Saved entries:
☆ ☆ ☆

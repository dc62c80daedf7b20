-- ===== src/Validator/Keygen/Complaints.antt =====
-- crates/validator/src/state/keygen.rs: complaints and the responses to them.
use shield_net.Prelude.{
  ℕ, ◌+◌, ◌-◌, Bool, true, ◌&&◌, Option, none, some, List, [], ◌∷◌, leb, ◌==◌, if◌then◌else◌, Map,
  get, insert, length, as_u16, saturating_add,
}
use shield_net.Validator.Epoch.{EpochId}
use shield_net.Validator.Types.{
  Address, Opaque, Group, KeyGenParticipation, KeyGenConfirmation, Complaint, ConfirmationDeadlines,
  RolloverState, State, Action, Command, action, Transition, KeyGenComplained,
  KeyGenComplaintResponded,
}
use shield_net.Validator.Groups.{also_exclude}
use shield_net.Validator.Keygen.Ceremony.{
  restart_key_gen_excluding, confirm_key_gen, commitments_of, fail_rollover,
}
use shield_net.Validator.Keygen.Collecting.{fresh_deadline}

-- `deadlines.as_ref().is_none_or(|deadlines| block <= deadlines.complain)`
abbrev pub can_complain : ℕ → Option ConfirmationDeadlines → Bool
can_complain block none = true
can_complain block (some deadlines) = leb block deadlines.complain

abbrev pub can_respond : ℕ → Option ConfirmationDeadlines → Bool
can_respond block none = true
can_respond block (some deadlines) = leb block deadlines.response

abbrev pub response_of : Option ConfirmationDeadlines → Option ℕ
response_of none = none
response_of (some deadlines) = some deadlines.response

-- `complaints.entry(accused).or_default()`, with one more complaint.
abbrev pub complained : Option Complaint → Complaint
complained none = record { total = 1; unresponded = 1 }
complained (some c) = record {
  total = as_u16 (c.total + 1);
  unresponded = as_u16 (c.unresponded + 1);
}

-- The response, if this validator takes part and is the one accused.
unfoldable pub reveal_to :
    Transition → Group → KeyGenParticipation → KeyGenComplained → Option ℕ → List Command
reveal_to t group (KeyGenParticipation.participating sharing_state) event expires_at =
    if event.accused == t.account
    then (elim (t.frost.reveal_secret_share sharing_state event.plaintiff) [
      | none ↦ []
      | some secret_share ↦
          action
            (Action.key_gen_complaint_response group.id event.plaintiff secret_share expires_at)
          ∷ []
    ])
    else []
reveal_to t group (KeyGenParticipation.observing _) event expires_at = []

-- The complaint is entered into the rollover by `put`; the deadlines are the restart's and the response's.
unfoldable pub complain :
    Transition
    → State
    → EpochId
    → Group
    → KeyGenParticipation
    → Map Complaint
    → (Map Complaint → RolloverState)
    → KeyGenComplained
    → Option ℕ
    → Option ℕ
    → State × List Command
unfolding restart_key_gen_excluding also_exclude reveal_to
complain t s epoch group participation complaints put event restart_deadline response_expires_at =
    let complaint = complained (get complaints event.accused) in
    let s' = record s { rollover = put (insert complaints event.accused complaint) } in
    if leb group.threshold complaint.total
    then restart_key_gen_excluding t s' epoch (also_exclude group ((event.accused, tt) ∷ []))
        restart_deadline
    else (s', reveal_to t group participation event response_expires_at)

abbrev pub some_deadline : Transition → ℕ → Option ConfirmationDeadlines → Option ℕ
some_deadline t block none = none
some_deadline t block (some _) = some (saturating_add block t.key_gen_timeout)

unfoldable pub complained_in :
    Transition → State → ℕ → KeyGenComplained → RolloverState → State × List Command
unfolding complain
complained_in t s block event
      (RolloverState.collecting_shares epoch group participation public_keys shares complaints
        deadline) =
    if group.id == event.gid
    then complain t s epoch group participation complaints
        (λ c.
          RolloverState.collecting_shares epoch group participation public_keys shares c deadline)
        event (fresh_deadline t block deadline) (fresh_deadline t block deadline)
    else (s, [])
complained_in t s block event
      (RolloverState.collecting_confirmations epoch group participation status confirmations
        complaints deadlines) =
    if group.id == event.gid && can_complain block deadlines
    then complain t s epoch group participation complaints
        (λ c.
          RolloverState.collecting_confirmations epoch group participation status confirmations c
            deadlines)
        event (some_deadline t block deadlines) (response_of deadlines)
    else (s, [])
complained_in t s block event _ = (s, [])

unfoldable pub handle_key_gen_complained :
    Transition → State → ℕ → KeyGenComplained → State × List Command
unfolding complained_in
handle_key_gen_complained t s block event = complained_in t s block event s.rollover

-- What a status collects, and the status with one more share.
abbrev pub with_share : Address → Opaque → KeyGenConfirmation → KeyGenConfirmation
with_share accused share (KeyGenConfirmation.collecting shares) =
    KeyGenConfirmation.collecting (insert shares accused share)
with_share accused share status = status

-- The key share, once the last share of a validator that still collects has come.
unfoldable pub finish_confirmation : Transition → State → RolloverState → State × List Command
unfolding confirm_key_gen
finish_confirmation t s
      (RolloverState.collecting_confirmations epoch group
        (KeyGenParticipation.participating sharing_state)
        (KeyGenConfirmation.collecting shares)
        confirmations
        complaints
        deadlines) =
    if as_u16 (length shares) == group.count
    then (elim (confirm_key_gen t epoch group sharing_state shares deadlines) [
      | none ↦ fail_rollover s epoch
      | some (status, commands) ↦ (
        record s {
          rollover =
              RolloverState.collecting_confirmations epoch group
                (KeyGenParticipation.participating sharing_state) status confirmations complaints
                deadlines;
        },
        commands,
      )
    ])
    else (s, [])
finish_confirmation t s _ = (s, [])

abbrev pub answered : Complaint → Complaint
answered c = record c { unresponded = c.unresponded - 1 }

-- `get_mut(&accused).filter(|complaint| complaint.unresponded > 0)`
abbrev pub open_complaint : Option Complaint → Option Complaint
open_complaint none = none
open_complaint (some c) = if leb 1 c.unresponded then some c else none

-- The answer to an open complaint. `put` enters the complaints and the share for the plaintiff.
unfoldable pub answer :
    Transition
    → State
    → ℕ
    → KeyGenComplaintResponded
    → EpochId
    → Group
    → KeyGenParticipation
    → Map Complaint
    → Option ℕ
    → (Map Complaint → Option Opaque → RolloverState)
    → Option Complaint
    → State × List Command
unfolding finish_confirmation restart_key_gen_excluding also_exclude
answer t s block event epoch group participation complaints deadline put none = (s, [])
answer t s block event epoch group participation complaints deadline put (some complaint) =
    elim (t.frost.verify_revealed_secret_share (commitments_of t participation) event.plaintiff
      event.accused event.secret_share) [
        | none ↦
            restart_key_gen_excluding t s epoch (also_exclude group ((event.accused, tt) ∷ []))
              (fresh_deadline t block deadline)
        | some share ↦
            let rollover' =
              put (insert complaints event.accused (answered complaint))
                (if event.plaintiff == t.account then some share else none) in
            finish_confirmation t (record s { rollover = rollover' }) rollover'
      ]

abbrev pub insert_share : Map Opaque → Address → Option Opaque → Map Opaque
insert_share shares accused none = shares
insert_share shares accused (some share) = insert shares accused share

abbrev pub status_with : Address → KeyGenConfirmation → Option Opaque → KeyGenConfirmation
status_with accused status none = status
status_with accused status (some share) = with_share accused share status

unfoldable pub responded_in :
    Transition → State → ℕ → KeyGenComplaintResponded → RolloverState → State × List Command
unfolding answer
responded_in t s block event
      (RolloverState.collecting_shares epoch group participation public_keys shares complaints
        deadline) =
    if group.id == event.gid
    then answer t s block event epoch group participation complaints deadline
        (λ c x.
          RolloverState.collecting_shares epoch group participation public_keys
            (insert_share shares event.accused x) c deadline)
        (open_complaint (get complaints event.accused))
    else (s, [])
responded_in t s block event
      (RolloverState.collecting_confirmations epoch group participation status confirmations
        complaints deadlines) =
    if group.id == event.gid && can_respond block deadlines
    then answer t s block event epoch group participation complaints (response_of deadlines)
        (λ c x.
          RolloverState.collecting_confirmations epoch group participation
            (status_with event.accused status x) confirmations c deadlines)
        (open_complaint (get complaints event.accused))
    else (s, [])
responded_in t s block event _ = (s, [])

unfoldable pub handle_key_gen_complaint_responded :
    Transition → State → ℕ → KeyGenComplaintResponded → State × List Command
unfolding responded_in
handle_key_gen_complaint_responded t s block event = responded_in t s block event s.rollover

☆ ☆ ☆

--- Task directions ---
Only the lines above from the line with "handle_key_gen_complained t s" to the line with "(KeyGenParticipation.participating sharing_state) status", those two lines included, should be reproduced exactly.

--- Finished task ---
handle_key_gen_complained t s block event = complained_in t s block event s.rollover

-- What a status collects, and the status with one more share.
abbrev pub with_share : Address → Opaque → KeyGenConfirmation → KeyGenConfirmation
with_share accused share (KeyGenConfirmation.collecting shares) =
    KeyGenConfirmation.collecting (insert shares accused share)
with_share accused share status = status

-- The key share, once the last share of a validator that still collects has come.
unfoldable pub finish_confirmation : Transition → State → RolloverState → State × List Command
unfolding confirm_key_gen
finish_confirmation t s
      (RolloverState.collecting_confirmations epoch group
        (KeyGenParticipation.participating sharing_state)
        (KeyGenConfirmation.collecting shares)
        confirmations
        complaints
        deadlines) =
    if as_u16 (length shares) == group.count
    then (elim (confirm_key_gen t epoch group sharing_state shares deadlines) [
      | none ↦ fail_rollover s epoch
      | some (status, commands) ↦ (
        record s {
          rollover =
              RolloverState.collecting_confirmations epoch group
                (KeyGenParticipation.participating sharing_state) status confirmations complaints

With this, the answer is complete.